PM rona. He wrangles Bixby stoves. May want to upgrade the firmware etc. That will allow the stove to self start on thermostat. Could be several simple issues. Like a poor door seal on the ash bin. Really like mine and with corn so cheap it still beats propane at 93 cents and once running it only needs to be shut down to clean once a month if running on lower settings and biscuits emptied once a week. About a fuss free as they get.
Welcome


----------



## mustangwagz (Nov 14, 2015)

i second contacting Rona, dood deals with them allllllll the time.  Im friends with him via other places, ill let em know he's needed. haha


----------



## rona (Nov 14, 2015)

theblane said:


> Hi everyone,
> 
> I bought a Bixby Maxfire 115 about 2 months ago and I have had problems.  I burn wood.  1.2.3&7 lights blink but the igniters are good.  I have new metal igniters also.  The stove ran for a little on the corn setting but the temps dropped and now it runs well for about 2 hours and then just shuts down.  I start it up again and it won't run so I have to wait, start again at 0,0 and adjust accordingly.  Often doesn't run on any settings.  Thermal coupler wire is attached, the motors are good, fan is good.  Some of those lights change over the past month or so but I'm always getting a right igniter failure.  Help?
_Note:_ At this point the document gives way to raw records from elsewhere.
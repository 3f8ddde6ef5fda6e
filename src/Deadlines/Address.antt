-- ===== src/Deadlines/Address.antt =====
-- The map key `${scope}\u0000${key}` of a deadline. `schedule` accepts any
-- string as a scope, also one that holds the separator.
use ddd_kit_ts.Base.{
  ℕ, ◌≡◌, ◌≢◌, ◌↔◌, refl, sym, ap, ◌∙◌, Bool, none, some, [], ◌∷◌, arith, All, ok,
}
use ddd_kit_ts.Base.JsMap
use ddd_kit_ts.Base.JsMap.Laws.{get-set_self, get-delete_self, get-delete_ne}
use ddd_kit_ts.Base.JsString.{JsString, JsString-discrete}
use ddd_kit_ts.Deadlines.{InMemoryDeadlineStore, address, schedule, cancel}
use ddd_kit_ts.Deadlines.Invariant.{IsValid}
use ddd_kit_ts.Deadlines.Preservation.{schedule-IsValid}
use ddd_kit_ts.Deadlines.Delivery.{incarnation, schedule_ok}
use mathlib.Core.List.{append_assoc}

-- The string has no NUL.
abbrev pub IsPlain : JsString → Type 0
IsPlain s = All (λ c. c ≢ 0) s

-- Addresses whose scopes have no NUL share a map key only if scope and key are the same.
pub address_injective :
    (scope scope' key key' : JsString)
    → IsPlain scope
    → IsPlain scope'
    → address scope key ≡ address scope' key'
    → (scope ≡ scope') × (key ≡ key')
address_injective [] [] key key' h h' e = (refl, ground arith)
address_injective [] (c ∷ cs) key key' h h' e = absurd (ground arith)
address_injective (c ∷ cs) [] key key' h h' e = absurd (ground arith)
address_injective (c ∷ cs) (d ∷ ds) key key' h h' e =
    let (a, b) = address_injective cs ds key key' h.1 h'.1 (ground arith) in (ground arith, b)

-- The same scope and key, or scopes of which one is the other with a NUL and a text after it, by
-- which the keys differ the other way round.
pub data Collides : (scope key scope' key' : JsString) → Type 0 where
  same : {scope key : JsString} → Collides scope key scope key
  longer :
      {scope key : JsString} (middle : JsString)
      → Collides scope (address middle key) (address scope middle) key
  shorter :
      {scope key : JsString} (middle : JsString)
      → Collides (address scope middle) key scope (address middle key)

Collides-cons :
    {scope key scope' key' : JsString} (c : ℕ)
    → Collides scope key scope' key'
    → Collides (c ∷ scope) key (c ∷ scope') key'
Collides-cons c same = same
Collides-cons c (longer middle) = longer middle
Collides-cons c (shorter middle) = shorter middle

address-Collides :
    (scope key scope' key' : JsString)
    → address scope key ≡ address scope' key'
    → Collides scope key scope' key'
address-Collides [] key [] key' e = let k : key ≡ key' = ground arith in rw k same
address-Collides [] key (c ∷ cs) key' e =
    let zero_first : c ≡ 0 = ground arith in
    let k : key ≡ address cs key' = ground arith in rw (zero_first, k) (longer cs)
address-Collides (c ∷ cs) key [] key' e =
    let zero_first : c ≡ 0 = ground arith in
    let k : address cs key ≡ key' = ground arith in rw (zero_first, ← k) (shorter cs)
address-Collides (c ∷ cs) key (d ∷ ds) key' e =
    let head : c ≡ d = ground arith in
    rw head (Collides-cons d (address-Collides cs key ds key' (ground arith)))

Collides-address :
    {scope key scope' key' : JsString}
    → Collides scope key scope' key'
    → address scope key ≡ address scope' key'
Collides-address same = refl
Collides-address {scope} (longer {key} middle) = sym (append_assoc scope (0 ∷ middle) (0 ∷ key))
Collides-address {scope' = scope} (shorter {key} middle) = append_assoc scope (0 ∷ middle) (0 ∷ key)

-- In a store that keeps its invariant, after a deadline has been scheduled it is pending under its
-- address, and cancelling any scope and key takes it out exactly if they are its own, or one scope is
-- the other with a NUL and a text after it and the keys differ by that text and a NUL the other way
-- round.
pub cancel_exact :
    {P : Type 0} (cloneable : P → Bool) (s s' : InMemoryDeadlineStore P)
    (scope key scope' key' : JsString) (due_at : ℕ) (payload : P)
    → IsValid s
    → schedule cloneable s scope key due_at payload ≡ (ok tt, s')
    → (JsMap.get JsString-discrete (address scope key) s'.pending
        ≡ some (incarnation s scope key due_at payload))
      × ((JsMap.get JsString-discrete (address scope key) (cancel s' scope' key').pending ≡ none)
          ↔ Collides scope key scope' key')
unfolding cancel
cancel_exact cloneable s s' scope key scope' key' due_at payload v h =
    let written = schedule_ok cloneable s s' scope key due_at payload h in
    let a = address scope key in
    let there : JsMap.get JsString-discrete a s'.pending
        ≡ some (incarnation s scope key due_at payload) =
      ap (λ x. JsMap.get JsString-discrete a x.pending) written
      ∙ get-set_self JsString-discrete a (incarnation s scope key due_at payload) s.pending in
    let v' : IsValid s' =
      rw (← ap (λ r. r.1) h) (schedule-IsValid cloneable s scope key due_at payload v) in
    (
      there,
      (
        (λ gone. elim (JsString-discrete (address scope' key') a) [
          | yes e ↦ address-Collides scope key scope' key' (sym e)
          | no ne ↦
              let kept = get-delete_ne JsString-discrete (address scope' key') a s'.pending ne in
              absurd (cc (gone, kept, there))
        ]),
        (λ c.
            rw (Collides-address c)
              (get-delete_self JsString-discrete (address scope' key') s'.pending v'.pending_map)),
      ),
    )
123&7 mean internal error.  Try disconnecting stove from the wall  then plug it back in. Called re-booting and if you are lucky it will run again. But telling me you bought it two months ago  probably means the stove had the problem before you bought it.  Have you checked the new igniters with a ohm meter to make sure they are good?
   There is other things  to look at, When you say it ran for a little on the corn setting but now it runs for 2 hours and shuts down. Then you say you burn wood I assume wood pellets. Where do you have the settings when you are running it? Usually I suggest starting with exh fan in the middle position and work with the fuel.
  I always tell people when buying a used stove to do a complete clean before anything else. Remove the two panels that protect the convection tubes and clean behind them and on the bottom of them where the exh runs. Then afte that remove one floor plate screw and remove the floor plates. Pull a couple pins and lift burn pot out then make sure all the little 1/8 inch holes are clean that are under the burn pot. reassemble the above items.
 Next empty the fuel hopper and remove the plate that protects the feed wheel.  Next remove the 4 small screws that have a spring and sleeve in them. Lift wheel out and vacuum all fines found in that area then put everything together.
Put fuel in hopper and turn it on then push 1 heat level it should cycle 3 times with fans running and shut down then it should drop fuel in the pot then igniters heat up and air pump makes noise  it should run.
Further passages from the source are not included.